ShawnDriscoll opened this issue on Sep 07, 2004 ยท 5 posts
ShawnDriscoll posted Tue, 07 September 2004 at 8:31 PM

Hoofdcommissaris posted Wed, 08 September 2004 at 2:44 AM

ShawnDriscoll posted Wed, 08 September 2004 at 8:06 PM
Ok. It appears afterall that the Interpolation setting works in the opposite of how Eovia describes. Leaving it unchecked should allow for faster renders with ashes left on models, while checking it off and selecting its percentage should determine how slow/precise you want it to render in order to not have ashes.

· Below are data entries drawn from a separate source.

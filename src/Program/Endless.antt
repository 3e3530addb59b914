-- ===== src/Program/Endless.antt =====
-- The test program: what it leaves in `eax`, and that it does not come back.
use projeto_so.Base.{ℕ, zero, suc, ◌+◌, ◌<◌, ◌≡◌, refl, ap, ◌∙◌, arith, u32, u8, none, get_or}
use projeto_so.Memory.Initialize.{Ram}
use projeto_so.Program.{
  assembled, test_program, byte, LoadedAt, Context, goes_on, step, steps, call_program,
}

-- The jump of the program, with the value in `eax`.
abbrev pub at_jump : ℕ → Context
at_jump address = record { eax = 0xDEAD_BEEF; eip = u32 (address + 5) }

module _ (ram : Ram) (address : ℕ) (loaded : LoadedAt ram address (assembled test_program)) where
  fetched :
      (a i : ℕ)
      → u32 a ≡ u32 (address + i)
      → i < 7
      → byte ram a ≡ get_or (assembled test_program) i 0
  fetched a i e h = ap (λ k. u8 (ram k)) e ∙ loaded i h

  step-mov : (eax : ℕ) → step ram (record { eax = eax; eip = address }) ≡ goes_on (at_jump address)
  unfolding step
  step-mov eax =
      rw
        (
          fetched address 0 (omega arith) (omega arith),
          fetched (address + 1) 1 (omega arith) (omega arith),
          fetched (address + 1 + 1) 2 (omega arith) (omega arith),
          fetched (address + 1 + 2) 3 (omega arith) (omega arith),
          fetched (address + 1 + 3) 4 (omega arith) (omega arith),
        )
        refl

  step-jump : step ram (at_jump address) ≡ goes_on (at_jump address)
  unfolding step
  step-jump =
      rw
        (
          fetched (u32 (address + 5)) 5 (omega arith) (omega arith),
          fetched (u32 (address + 5) + 1) 6 (omega arith) (omega arith),
        )
        (ap (λ eip. goes_on (record { eax = 0xDEAD_BEEF; eip = eip })) (omega arith))

  steps-jump : (n : ℕ) → steps n ram (at_jump address) ≡ goes_on (at_jump address)
  unfolding steps
  steps-jump zero = refl
  steps-jump (suc n) = rw (steps, step-jump) (steps-jump n)

  -- Where the assembled program stands in memory, it stays at its jump from its first instruction
  -- on, with 0xDEADBEEF in `eax`.
  pub steps-at_jump :
      (eax n : ℕ)
      → steps (suc n) ram (record { eax = eax; eip = address }) ≡ goes_on (at_jump address)
  unfolding steps
  steps-at_jump eax n = rw (steps, step-mov eax) (steps-jump n)

  steps-goes_on :
      (eax limit : ℕ)
      → (c : Context) × (steps limit ram (record { eax = eax; eip = address }) ≡ goes_on c)
  unfolding steps
  steps-goes_on eax zero = (record { eax = eax; eip = address }, refl)
  steps-goes_on eax (suc n) = (at_jump address, steps-at_jump eax n)

  -- The call does not return, for as long as it is followed.
  pub call_program-test_program :
      {S : Type 0} (eax limit : ℕ) (s : S) → call_program ram eax limit address s ≡ none
  unfolding call_program
  call_program-test_program eax limit s =
      let (c, e) = steps-goes_on eax limit in rw (call_program, e) refl
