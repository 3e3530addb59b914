-- ===== src/Kmain/InProgram.antt =====
-- The kernel with the test program of src/program.s as its module.
use projeto_so.Base.{
  ℕ, suc, ◌+◌, ◌-◌, ◌%◌, ◌^◌, ◌≤◌, ◌<◌, refl, false, none, some, bit_and, List, ◌≡◌, ◌≢◌, ◌∙◌,
  sub_u32,
}
use projeto_so.Io.{◌>>◌, ◌>>=◌}
use projeto_so.Serial.Ready.{ready_count}
use projeto_so.Memory.{page_size, kernel_base}
use projeto_so.Memory.Frames.{IsWords}
use projeto_so.Memory.Initialize.{Ram, MemoryMap, multiboot_flag_mods}
use projeto_so.Memory.Initialize.Steps.{MapIs, ModulesSound}
use projeto_so.Pic.Chips.{Chip}
use projeto_so.Program.{assembled, test_program, LoadedAt, goes_on, steps, call_program}
use projeto_so.Program.Endless.{at_jump, steps-at_jump, call_program-test_program}
use projeto_so.Kmain.{
  Machine, Image, bus_of, multiboot_info_at, program_address, start_kernel, before_program,
  start_chat, poll, kmain,
}
use projeto_so.Kmain.Booted.{Booted}
use projeto_so.Kmain.Boot.{marks, kmain_jumps}

module _ (ebx : ℕ) (ram : Ram) (image : Image) (entries : List MemoryMap) (c₁ c₂ : Chip)
    (m : Machine) (map : MapIs (multiboot_info_at ram ebx) ram entries)
    (mods : ModulesSound (multiboot_info_at ram ebx) ram)
    (low : sub_u32 image.kernel_end kernel_base
      < 2 ^ 32 - page_size + sub_u32 image.kernel_start kernel_base % page_size)
    (fits : (k : ℕ) → image.handlers k < 2 ^ 32) (words : IsWords m.pmm_bitmap) where
  -- As for any program, let the boot loader's structures be sound and list one module, let the
  -- addresses of the handlers and the words of the bitmap have 32 bits, let the kernel's last
  -- address be below the last page of 4 GiB, and let the serial port get ready 608 times. And let
  -- the bytes of the test program stand where `kmain` calls the module. Then `kmain` calls it with
  -- interrupts off and all set up; from its first instruction on `eax` is 0xDEADBEEF and the
  -- program at its jump, after any number of instructions; and `kmain` does not get past the call.
  pub kmain_stays_in_program :
      bit_and (multiboot_info_at ram ebx).flags multiboot_flag_mods ≢ 0
      → (multiboot_info_at ram ebx).mods_count ≡ 1
      → 608 ≤ ready_count (bus_of m).inputs
      → LoadedAt ram (program_address (multiboot_info_at ram ebx) ram) (assembled test_program)
      → let address = program_address (multiboot_info_at ram ebx) ram in
        (m' : Machine) × ((start_kernel (multiboot_info_at ram ebx) ram image >> before_program) m
          ≡ some (tt, m'))
        × Booted image (marks ebx ram image entries) c₁ c₂ false m'
        × ((eax limit : ℕ) (stack buf : List ℕ) (rounds kbd_rounds : ℕ)
              (arrivals : List (List (List ℕ)))
            → let run =
                kmain ebx ram image
                  (call_program ram eax limit)
                  stack
                  buf
                  rounds
                  kbd_rounds
                  arrivals
                  m in
              (run
                ≡ (call_program ram eax limit address
                      >> start_chat
                      >> poll stack buf rounds kbd_rounds arrivals)
                    m')
              × (run ≡ none))
        × ((eax n : ℕ)
            → steps (suc n) ram (record { eax = eax; eip = address }) ≡ goes_on (at_jump address))
  kmain_stays_in_program listed one ready loaded =
      let (m', reached, jumps, booted) =
        kmain_jumps ebx ram image entries c₁ c₂ m map mods low fits words listed one ready in
      let address = program_address (multiboot_info_at ram ebx) ram in
      (
        m',
        reached,
        booted,
        λ eax limit stack buf rounds kbd_rounds arrivals.
            let called = jumps (call_program ram eax limit) stack buf rounds kbd_rounds arrivals in
            (
              called,
              called
                  ∙ rw (◌>>◌, ◌>>=◌, call_program-test_program ram address loaded eax limit m')
                      refl,
            ),
        steps-at_jump ram address loaded,
      )
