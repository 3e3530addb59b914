-- ===== src/Kmain/Tests.antt =====
-- The start of the kernel with garbage in its static data, the serial port always ready.
use projeto_so.Base.{
  ℕ, ◌≡◌, refl, arith, List, [], ◌∷◌, ◌==◌, if◌then◌else◌, inr, codes, true, false, replicate, ◌++◌,
  some,
}
use projeto_so.Io.{Run, hang, ◌>>◌}
use projeto_so.Serial.Ready.{ready_count-replicate}
use projeto_so.Memory.Initialize.{Ram, MemoryMap, memory_map_at}
use projeto_so.Memory.Initialize.Regions.{last, more}
use projeto_so.Memory.Initialize.Steps.{MapIs}
use projeto_so.Chat.Init.{Ready}
use projeto_so.Pic.Chips.{Chip}
use projeto_so.Kmain.{
  Machine, Image, multiboot_info_at, start_kernel, before_program, start_chat, poll, kmain,
}
use projeto_so.Deadlock.Safe.{safe_log}
use projeto_so.Chat.Outcome.{reply, transfers_of, not-Freezes}
use projeto_so.Chat.Session.Round.{Polled}
use projeto_so.Kmain.FirstRound.{kmain_talks}
use projeto_so.Kmain.Booted.{Booted}
use projeto_so.Kmain.Boot.{marks, kmain_enters_chat, kmain_jumps}

abbrev pub zeros : ℕ → List ℕ
zeros n = replicate n 0

abbrev pub at_reset : Machine
at_reset = record {
  kernel = record {
    world = record {
      screen = record {
        bus = record { inputs = replicate 900 0x20; trace = [] };
        console = record { video_memory = λ k. 0; current_position = 0 };
      };
      files = record {
        file_vga = record {
          lock = record { locked = 1; name = [] };
          contents = zeros 64;
          owner = [];
        };
        file_serial = record {
          lock = record { locked = 0; name = [] };
          contents = zeros 64;
          owner = [];
        };
      };
    };
    chat = record {
      ring = record { kbd_ring = λ k. 0; kbd_head = 7; kbd_tail = 9 };
      kbd = record { line = zeros 121; len = 5 };
      ser = record { line = zeros 121; len = 0 };
    };
  };
  pmm_bitmap = λ i. 5;
  gdt = record {
    gdt_entries = λ i. record {
      limit_low = i;
      base_low = 1;
      base_mid = 2;
      access = 3;
      granularity = 4;
      base_high = 5;
    };
    gdt_pointer = record { limit = 0; base = 0 };
    segments = record {
      gdtr = record { limit = 0; base = 0 };
      cs = 8;
      ds = 0x18;
      es = 0x18;
      fs = 0x18;
      gs = 0x18;
      ss = 0x18;
    };
  };
  idt = record {
    idt_entries =
        λ i. record { offset_low = i; selector = 7; zeros = 1; type_attr = 0xFF; offset_high = 9 };
    idt_pointer = record { limit = 0; base = 0 };
    idtr = record { limit = 0; base = 0 };
  };
}

abbrev pub image : Image
image = record {
  gdt_address = 0xC010_8000;
  idt_address = 0xC010_9000;
  handlers = λ i. if i == 200 then 0 else 0xC010_1000;
  kernel_start = 0xC010_0000;
  kernel_end = 0xC010_C000;
}

-- A controller whose vectors are still those of the start.
abbrev pub chip : Chip
chip = record {
  awaits = 0;
  icw1 = 0x13;
  vector = 8;
  cascade = 0;
  mode = 0;
  mask = 0xFF;
  acknowledged = 0;
}

-- The boot loader's structure, with the memory map of one entry: 3 MiB from 1 MiB on. The modules
-- start at 2 MiB.
abbrev pub ram : (mods_count : ℕ) → Ram
ram mods_count a =
    if a == 0xC001_0000
    then 0x48
    else if a == 0xC001_0014
    then mods_count
    else if a == 0xC001_0018
    then 0x8000
    else if a == 0xC001_002C
    then 24
    else if a == 0xC001_0030
    then 0x9000
    else if a == 0xC000_9000
    then 20
    else if a == 0xC000_9004
    then 0x10_0000
    else if a == 0xC000_900C
    then 0x30_0000
    else if a == 0xC000_9014
    then 1
    else if a == 0xC000_8000
    then 0x20_0000
    else if a == 0xC000_8004
    then 0x20_0010
    else 0

abbrev entries : (mods_count : ℕ) → List MemoryMap
entries mods_count = memory_map_at (ram mods_count) 0xC000_9000 ∷ []

one_region_of_one : MapIs (multiboot_info_at (ram 1) 0xC001_0000) (ram 1) (entries 1)
one_region_of_one = more (omega arith) (omega arith) (λ h. omega arith) (last (omega arith))

one_region_of_two : MapIs (multiboot_info_at (ram 2) 0xC001_0000) (ram 2) (entries 2)
one_region_of_two = more (omega arith) (omega arith) (λ h. omega arith) (last (omega arith))

kmain_enters_chat_example :
    (m' : Machine) × ((stack buf : List ℕ) (rounds kbd_rounds : ℕ)
      → kmain 0xC001_0000 (ram 2) image (λ a. hang) stack buf rounds kbd_rounds [] at_reset
        ≡ some (tt, m'))
    × ((stack buf : List ℕ) (rounds kbd_rounds : ℕ) (arrivals : List (List (List ℕ)))
        → kmain 0xC001_0000 (ram 2) image (λ a. hang) stack buf rounds kbd_rounds arrivals at_reset
          ≡ poll stack buf rounds kbd_rounds arrivals m')
    × Booted image (marks 0xC001_0000 (ram 2) image (entries 2)) chip chip true m'
    × Ready m'.kernel
kmain_enters_chat_example =
    kmain_enters_chat 0xC001_0000 (ram 2) image (entries 2) chip chip at_reset one_region_of_two
      (omega arith, (omega arith, tt)) (omega arith) (λ k. ground arith) (λ i. omega arith) refl
      refl refl refl (λ a. hang) (inr (omega arith)) (omega (arith, ready_count-replicate 900))

kmain_jumps_example :
    (m' : Machine) × ((start_kernel (multiboot_info_at (ram 1) 0xC001_0000) (ram 1) image
          >> before_program)
        at_reset
      ≡ some (tt, m'))
    × ((program : ℕ → Run Machine (Unit {0})) (stack buf : List ℕ) (rounds kbd_rounds : ℕ)
          (arrivals : List (List (List ℕ)))
        → kmain 0xC001_0000 (ram 1) image program stack buf rounds kbd_rounds arrivals at_reset
          ≡ (program 0xC020_0000 >> start_chat >> poll stack buf rounds kbd_rounds arrivals) m')
    × Booted image (marks 0xC001_0000 (ram 1) image (entries 1)) chip chip false m'
kmain_jumps_example =
    kmain_jumps 0xC001_0000 (ram 1) image (entries 1) chip chip at_reset one_region_of_one
      (omega arith, tt) (omega arith) (λ k. ground arith) (λ i. omega arith) (omega arith) refl
      (omega (arith, ready_count-replicate 900))

-- The keys of "oi" and Enter come before the first round, and those of a command before the second.
abbrev typed_keys : List (List ℕ)
typed_keys = codes "oi\n" ∷ codes "/transferir\n" ∷ []

kmain_talks_example :
    (m₁ : Machine) × (m₂ : Machine) × (kmain 0xC001_0000
        (ram 2)
        image
        (λ a. hang)
        (zeros 64)
        (zeros 136)
        1
        20
        []
        at_reset
      ≡ some (tt, m₁))
    × (kmain 0xC001_0000
          (ram 2)
          image
          (λ a. hang)
          (zeros 64)
          (zeros 136)
          1
          20
          (typed_keys ∷ [])
          at_reset
        ≡ some (tt, m₂))
    × Booted image (marks 0xC001_0000 (ram 2) image (entries 2)) chip chip true m₁
    × Ready m₁.kernel
    × Polled 1 [] (codes "[vga] oi\n" ++ safe_log) m₁.kernel m₂.kernel
    × (kmain 0xC001_0000
          (ram 2)
          image
          (λ a. hang)
          (zeros 64)
          (zeros 136)
          1
          20
          (typed_keys ∷ [])
          at_reset
        ≡ poll (zeros 64) (zeros 136) 1 20 [] m₂)
unfolding reply transfers_of
kmain_talks_example =
    kmain_talks 0xC001_0000 (ram 2) image (entries 2) chip chip at_reset one_region_of_two
      (omega arith, (omega arith, tt)) (omega arith) (λ k. ground arith) (λ i. omega arith) refl
      refl refl refl (λ a. hang) (zeros 64) (zeros 136) 1 20 typed_keys [] (inr (omega arith))
      (
        not-Freezes (codes "oi") (omega arith),
        (not-Freezes (codes "/transferir") (omega arith), tt),
      )
      (λ some. (refl, omega arith)) (omega arith) (omega arith)
      (omega (arith, ready_count-replicate 900)) refl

Hoofdcommissaris posted Thu, 09 September 2004 at 3:58 AM
Of course not. No interpolation means full calculation. Once you check the box, larger parts of the GI and IL are going to be 'guessed by interpolation' by Carrara. The higher the number of the interpolation slider, the higher the precision, because more calculation will be done. Perfectly logical. Interpolation is a lower-quality and faster way of calculation (not unlike the jpg compression method that describes larger samples of information is) and you give up some quality for increased render speed. Not using any compression/dergrading is always better, but most of these are created to save time and/or space. --- But it seems every answer you get on your questions and remarks will bring you the conclusion that either Carrara or Eovia suck big time (and your brilliant mind has come up with far more superior solutions). If you want to spend your days shaking your head over the dumbness of the rest of the world, that's fine, but on me you do not make a very smart impression. Trying to find things out for yourself (make some test renders with different settings to compare them) is not that hard. That is called 'learning', that does not have to be taken care of by anyone else but yourself.
ShawnDriscoll posted Thu, 09 September 2004 at 4:04 PM
You cleared things up. JPG compression I understand. Your comparison to that is the best I've seen on what interpolation means/does for Carrara renders. Thank you.